In the data that follows, give the number of lines containing the word "false". Offer no additional comment.

RECORDS FOR THIS TASK:
BEGIN
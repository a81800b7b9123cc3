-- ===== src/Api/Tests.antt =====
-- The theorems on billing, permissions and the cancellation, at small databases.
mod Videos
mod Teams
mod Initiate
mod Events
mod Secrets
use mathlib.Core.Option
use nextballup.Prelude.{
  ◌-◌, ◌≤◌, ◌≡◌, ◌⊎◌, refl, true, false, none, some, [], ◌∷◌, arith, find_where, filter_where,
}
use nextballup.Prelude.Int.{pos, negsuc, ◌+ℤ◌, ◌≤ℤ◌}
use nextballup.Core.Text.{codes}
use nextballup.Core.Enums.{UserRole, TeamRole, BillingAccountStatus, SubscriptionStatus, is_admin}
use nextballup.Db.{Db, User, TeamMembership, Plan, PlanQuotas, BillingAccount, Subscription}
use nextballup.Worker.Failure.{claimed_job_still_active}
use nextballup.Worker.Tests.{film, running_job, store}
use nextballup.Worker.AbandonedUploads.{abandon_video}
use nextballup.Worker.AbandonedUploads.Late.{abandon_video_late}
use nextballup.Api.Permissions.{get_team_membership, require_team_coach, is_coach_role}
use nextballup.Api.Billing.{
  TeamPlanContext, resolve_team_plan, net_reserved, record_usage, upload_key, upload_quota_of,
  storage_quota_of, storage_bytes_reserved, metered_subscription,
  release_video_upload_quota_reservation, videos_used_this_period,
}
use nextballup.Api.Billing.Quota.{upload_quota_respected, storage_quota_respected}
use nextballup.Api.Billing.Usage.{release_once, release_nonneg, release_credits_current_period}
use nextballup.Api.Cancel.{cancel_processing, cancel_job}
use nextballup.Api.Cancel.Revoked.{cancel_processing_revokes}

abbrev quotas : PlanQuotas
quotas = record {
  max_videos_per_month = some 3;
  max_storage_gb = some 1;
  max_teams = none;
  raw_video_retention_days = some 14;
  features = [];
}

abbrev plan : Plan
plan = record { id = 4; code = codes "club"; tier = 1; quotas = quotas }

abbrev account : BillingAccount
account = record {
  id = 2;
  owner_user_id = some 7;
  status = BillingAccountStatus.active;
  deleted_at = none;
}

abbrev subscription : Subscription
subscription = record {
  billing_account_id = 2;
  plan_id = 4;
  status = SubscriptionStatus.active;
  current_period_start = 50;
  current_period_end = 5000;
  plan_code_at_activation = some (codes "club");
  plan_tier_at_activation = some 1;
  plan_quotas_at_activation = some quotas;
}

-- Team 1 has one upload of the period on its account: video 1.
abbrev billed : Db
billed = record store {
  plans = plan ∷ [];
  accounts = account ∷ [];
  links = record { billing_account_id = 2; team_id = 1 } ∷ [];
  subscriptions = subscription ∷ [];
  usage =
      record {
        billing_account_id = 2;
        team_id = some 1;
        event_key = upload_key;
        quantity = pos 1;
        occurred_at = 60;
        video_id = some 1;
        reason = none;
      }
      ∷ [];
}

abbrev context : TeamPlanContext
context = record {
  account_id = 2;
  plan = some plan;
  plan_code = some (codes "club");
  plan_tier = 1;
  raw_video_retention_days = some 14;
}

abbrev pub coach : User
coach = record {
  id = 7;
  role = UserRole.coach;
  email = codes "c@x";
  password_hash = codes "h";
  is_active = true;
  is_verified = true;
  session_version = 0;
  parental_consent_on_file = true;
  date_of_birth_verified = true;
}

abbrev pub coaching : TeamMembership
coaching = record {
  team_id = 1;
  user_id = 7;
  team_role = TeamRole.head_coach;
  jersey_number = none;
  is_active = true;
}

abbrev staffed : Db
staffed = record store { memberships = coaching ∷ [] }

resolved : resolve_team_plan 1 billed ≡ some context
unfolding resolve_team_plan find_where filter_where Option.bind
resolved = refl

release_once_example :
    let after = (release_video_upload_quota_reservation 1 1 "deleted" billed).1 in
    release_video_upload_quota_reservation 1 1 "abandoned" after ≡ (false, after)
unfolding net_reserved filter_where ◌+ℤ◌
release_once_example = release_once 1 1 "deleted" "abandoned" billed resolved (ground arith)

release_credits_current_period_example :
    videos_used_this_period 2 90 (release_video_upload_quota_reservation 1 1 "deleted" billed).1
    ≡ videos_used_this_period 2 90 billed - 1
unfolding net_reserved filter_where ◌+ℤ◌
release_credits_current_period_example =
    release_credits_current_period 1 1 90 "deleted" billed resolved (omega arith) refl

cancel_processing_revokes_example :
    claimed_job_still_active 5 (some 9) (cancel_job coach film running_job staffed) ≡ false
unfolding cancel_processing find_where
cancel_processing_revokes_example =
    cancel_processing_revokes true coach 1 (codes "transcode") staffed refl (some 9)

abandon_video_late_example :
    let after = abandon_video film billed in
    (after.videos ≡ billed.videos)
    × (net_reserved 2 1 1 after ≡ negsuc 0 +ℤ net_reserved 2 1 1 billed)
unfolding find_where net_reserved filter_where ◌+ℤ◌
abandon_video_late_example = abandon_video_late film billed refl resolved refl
END
SOLUTION TO THIS TASK: 3